EXERCISE REQUIREMENTS ▸
From the line holding "let channel = finish_channel" to the final line below, restate each line word for word and add nothing.

GIVEN DATA ▸
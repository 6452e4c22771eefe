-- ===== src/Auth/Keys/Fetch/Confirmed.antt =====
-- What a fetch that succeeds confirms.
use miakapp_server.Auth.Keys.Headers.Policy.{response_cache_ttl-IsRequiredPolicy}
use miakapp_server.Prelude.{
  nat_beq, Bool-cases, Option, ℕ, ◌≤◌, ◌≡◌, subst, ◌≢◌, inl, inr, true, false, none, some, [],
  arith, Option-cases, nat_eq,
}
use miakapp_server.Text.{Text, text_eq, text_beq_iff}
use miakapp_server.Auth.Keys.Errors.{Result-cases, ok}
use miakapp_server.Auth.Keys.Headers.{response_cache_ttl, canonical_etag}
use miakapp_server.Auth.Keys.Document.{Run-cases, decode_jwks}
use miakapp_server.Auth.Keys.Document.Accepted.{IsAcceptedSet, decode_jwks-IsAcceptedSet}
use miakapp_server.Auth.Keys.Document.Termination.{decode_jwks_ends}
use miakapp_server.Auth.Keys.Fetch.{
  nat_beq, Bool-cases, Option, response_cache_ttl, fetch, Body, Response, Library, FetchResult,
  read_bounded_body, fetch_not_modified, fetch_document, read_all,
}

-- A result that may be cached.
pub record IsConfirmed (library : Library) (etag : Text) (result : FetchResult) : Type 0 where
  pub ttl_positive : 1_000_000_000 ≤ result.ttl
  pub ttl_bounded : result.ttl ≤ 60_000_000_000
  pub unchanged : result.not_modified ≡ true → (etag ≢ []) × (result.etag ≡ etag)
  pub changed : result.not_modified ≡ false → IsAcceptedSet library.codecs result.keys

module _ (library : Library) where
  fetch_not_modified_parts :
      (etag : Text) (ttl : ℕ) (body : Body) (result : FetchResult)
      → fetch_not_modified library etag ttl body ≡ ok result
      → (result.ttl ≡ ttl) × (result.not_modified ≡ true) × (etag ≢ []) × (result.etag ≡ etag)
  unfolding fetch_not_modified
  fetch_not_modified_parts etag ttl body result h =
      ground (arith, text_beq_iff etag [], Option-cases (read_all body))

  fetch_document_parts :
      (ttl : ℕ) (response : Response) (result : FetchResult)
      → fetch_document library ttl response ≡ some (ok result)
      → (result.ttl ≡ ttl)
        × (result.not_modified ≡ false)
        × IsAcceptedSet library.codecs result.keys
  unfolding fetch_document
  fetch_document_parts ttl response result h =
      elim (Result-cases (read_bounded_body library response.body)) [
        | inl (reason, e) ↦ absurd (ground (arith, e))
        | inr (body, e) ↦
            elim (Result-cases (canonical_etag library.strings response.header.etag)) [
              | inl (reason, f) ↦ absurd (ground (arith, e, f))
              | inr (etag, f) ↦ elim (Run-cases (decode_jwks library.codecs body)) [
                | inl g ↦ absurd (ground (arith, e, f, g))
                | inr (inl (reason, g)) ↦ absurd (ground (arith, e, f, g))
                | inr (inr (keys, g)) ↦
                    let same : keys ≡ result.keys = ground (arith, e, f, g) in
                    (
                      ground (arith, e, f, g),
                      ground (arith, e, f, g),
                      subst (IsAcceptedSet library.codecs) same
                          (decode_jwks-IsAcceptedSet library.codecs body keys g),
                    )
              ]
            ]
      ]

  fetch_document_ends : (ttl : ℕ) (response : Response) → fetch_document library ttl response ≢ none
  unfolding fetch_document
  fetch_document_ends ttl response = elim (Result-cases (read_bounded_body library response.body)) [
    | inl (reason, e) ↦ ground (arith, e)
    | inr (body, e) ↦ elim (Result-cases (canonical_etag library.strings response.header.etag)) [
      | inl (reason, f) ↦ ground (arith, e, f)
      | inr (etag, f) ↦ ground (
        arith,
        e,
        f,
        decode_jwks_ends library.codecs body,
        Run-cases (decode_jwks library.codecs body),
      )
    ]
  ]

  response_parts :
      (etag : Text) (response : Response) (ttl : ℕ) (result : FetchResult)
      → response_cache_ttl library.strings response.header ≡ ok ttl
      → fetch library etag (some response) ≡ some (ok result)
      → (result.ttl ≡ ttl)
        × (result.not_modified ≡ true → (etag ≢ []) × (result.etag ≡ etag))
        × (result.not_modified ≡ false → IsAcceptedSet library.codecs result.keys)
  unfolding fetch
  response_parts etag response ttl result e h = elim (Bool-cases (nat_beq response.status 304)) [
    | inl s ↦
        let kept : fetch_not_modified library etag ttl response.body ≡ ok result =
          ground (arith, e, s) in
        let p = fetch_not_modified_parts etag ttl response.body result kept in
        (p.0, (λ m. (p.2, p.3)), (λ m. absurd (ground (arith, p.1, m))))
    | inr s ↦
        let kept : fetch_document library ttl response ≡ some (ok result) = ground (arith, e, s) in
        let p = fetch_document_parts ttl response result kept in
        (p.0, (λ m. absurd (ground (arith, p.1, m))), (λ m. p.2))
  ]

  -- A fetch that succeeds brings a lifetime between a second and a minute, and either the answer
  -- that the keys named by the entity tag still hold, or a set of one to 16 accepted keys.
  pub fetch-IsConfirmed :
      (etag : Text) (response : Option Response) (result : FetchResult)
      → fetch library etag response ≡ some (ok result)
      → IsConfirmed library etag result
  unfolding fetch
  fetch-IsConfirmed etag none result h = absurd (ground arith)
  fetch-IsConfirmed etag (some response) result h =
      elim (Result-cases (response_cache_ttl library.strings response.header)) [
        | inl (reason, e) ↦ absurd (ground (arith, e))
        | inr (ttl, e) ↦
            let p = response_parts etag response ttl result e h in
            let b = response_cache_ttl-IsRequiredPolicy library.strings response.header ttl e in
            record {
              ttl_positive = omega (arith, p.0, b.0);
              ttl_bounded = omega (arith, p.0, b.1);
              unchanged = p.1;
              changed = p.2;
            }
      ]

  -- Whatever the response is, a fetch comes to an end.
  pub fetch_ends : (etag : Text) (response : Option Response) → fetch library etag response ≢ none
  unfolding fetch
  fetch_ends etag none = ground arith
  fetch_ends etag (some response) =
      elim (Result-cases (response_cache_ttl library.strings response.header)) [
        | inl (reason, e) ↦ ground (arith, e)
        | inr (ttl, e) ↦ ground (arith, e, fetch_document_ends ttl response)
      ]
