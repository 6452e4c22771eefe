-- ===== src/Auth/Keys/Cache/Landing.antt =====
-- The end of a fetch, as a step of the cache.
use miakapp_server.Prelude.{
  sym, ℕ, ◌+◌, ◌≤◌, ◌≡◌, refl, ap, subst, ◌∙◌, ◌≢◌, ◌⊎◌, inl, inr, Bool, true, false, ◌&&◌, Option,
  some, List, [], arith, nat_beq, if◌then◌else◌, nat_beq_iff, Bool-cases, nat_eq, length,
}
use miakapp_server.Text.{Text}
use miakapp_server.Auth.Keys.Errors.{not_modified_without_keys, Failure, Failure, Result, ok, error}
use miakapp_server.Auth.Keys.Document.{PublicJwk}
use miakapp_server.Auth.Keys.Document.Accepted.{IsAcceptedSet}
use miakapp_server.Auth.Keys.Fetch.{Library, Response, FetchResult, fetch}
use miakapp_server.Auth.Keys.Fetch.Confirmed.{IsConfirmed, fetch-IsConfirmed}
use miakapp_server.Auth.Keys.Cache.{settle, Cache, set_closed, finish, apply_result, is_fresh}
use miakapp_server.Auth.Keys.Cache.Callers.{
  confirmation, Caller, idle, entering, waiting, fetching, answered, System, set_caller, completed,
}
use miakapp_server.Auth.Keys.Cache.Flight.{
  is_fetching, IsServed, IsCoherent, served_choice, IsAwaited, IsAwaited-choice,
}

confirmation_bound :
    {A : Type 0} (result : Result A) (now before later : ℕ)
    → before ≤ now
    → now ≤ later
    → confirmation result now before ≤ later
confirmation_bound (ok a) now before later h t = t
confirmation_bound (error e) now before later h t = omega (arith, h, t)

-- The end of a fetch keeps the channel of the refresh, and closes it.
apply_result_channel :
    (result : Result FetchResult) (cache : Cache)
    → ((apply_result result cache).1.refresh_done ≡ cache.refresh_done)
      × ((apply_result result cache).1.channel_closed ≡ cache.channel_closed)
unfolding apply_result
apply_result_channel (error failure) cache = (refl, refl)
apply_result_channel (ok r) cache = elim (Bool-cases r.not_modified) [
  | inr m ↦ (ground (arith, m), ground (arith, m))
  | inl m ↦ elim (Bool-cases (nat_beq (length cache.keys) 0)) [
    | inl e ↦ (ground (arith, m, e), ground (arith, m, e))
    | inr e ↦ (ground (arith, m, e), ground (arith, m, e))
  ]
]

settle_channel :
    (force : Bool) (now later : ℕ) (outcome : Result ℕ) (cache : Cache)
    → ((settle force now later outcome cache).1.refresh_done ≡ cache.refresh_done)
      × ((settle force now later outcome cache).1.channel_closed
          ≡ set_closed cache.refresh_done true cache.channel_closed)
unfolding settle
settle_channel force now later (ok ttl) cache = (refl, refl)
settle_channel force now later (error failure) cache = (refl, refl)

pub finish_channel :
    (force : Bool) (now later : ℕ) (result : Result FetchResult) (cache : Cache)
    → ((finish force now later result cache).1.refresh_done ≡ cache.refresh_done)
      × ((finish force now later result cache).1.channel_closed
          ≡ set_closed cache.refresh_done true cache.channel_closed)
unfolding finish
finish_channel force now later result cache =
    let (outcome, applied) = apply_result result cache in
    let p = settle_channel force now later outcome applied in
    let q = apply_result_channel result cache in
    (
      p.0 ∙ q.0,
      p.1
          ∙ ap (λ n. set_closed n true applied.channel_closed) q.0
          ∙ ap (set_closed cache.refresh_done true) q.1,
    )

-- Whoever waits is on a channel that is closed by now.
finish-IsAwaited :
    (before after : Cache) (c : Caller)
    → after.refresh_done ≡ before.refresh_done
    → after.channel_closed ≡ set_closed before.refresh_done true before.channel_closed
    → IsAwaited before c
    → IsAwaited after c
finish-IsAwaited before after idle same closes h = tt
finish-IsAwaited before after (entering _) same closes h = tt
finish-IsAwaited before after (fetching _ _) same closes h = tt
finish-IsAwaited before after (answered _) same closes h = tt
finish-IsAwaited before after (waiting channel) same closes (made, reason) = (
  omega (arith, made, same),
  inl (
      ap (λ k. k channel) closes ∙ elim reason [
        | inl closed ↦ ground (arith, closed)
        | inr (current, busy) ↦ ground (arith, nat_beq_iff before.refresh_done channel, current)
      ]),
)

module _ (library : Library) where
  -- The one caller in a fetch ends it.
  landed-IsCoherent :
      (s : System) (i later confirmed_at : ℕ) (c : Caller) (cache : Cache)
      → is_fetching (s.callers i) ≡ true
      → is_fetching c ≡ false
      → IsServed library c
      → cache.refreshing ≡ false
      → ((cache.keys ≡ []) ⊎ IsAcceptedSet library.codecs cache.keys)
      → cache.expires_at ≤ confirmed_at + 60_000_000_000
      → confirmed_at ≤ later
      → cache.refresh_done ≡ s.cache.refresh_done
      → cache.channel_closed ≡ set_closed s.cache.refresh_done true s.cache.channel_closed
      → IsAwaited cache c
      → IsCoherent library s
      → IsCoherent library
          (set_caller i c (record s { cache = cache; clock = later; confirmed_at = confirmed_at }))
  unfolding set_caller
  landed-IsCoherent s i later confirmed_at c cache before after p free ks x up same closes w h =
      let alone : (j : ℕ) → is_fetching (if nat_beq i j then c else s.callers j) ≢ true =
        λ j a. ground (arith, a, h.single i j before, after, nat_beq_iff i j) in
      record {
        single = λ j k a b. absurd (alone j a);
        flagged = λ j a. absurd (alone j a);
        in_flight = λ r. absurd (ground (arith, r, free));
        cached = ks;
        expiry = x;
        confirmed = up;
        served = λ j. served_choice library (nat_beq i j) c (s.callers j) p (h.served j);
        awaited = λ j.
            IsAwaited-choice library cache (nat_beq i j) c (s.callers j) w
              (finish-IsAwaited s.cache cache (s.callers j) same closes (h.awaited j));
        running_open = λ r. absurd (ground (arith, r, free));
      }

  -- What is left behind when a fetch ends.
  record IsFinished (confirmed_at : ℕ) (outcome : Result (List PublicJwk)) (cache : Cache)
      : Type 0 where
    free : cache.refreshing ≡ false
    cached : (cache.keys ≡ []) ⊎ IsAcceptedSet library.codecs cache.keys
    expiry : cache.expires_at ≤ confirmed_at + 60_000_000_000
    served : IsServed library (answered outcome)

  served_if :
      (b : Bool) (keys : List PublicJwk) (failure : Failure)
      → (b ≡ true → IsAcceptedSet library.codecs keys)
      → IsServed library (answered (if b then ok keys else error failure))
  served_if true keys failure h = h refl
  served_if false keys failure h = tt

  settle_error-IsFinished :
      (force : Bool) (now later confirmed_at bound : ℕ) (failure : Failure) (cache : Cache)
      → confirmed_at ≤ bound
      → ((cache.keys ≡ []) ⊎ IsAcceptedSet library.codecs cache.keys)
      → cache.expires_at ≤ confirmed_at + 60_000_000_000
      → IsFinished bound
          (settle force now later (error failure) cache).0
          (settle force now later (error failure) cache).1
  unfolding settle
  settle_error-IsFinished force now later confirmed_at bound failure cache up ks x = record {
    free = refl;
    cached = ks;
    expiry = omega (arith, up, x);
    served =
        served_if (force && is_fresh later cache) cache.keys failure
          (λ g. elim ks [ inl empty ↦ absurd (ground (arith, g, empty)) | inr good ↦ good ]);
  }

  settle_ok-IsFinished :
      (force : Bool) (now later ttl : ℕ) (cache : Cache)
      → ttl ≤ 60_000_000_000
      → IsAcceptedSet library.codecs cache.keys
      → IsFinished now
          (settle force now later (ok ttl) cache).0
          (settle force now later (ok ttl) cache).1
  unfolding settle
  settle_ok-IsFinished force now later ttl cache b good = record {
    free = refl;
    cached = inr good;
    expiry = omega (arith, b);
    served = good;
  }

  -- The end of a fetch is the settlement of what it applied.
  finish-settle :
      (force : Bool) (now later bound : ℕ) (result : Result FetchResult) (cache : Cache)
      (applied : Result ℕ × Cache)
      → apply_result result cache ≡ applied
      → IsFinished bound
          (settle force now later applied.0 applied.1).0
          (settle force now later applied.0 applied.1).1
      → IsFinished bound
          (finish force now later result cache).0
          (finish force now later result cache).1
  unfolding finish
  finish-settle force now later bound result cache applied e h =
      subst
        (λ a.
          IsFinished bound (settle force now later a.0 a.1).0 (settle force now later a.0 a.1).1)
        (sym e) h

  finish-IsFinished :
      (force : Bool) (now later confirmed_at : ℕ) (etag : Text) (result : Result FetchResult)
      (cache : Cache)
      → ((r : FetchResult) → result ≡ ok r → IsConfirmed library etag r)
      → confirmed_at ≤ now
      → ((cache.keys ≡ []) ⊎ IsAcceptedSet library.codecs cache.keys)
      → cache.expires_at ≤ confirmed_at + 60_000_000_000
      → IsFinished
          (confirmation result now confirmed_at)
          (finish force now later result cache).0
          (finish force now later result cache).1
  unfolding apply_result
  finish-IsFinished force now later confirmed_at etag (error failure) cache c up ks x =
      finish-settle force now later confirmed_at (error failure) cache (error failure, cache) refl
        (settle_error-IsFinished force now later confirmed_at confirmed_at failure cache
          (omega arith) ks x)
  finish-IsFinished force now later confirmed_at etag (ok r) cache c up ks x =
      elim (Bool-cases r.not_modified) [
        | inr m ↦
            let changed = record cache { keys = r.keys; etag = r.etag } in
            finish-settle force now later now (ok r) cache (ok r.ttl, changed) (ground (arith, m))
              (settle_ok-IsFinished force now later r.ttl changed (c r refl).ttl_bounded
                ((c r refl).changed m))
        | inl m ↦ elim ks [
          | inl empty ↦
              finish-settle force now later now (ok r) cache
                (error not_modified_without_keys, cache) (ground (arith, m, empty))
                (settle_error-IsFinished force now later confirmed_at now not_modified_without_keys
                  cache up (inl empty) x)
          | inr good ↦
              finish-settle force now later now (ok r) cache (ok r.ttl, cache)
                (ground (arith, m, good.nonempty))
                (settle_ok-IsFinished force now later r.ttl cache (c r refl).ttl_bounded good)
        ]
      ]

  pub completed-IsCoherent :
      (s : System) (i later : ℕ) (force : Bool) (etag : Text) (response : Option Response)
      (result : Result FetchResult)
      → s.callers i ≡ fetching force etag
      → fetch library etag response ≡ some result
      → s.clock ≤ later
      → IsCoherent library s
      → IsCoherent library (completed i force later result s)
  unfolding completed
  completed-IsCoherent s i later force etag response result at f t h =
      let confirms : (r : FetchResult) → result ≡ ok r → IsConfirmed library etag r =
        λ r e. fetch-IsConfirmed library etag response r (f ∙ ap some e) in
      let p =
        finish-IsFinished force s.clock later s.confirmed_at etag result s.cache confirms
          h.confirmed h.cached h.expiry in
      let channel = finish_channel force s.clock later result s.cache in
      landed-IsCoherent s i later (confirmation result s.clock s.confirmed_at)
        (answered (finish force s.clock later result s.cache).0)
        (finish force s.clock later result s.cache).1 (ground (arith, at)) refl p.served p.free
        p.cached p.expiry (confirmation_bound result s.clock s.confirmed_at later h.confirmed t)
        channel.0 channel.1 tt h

TASK OUTPUT ▸
      let channel = finish_channel force s.clock later result s.cache in
      landed-IsCoherent s i later (confirmation result s.clock s.confirmed_at)
        (answered (finish force s.clock later result s.cache).0)
        (finish force s.clock later result s.cache).1 (ground (arith, at)) refl p.served p.free
        p.cached p.expiry (confirmation_bound result s.clock s.confirmed_at later h.confirmed t)
        channel.0 channel.1 tt h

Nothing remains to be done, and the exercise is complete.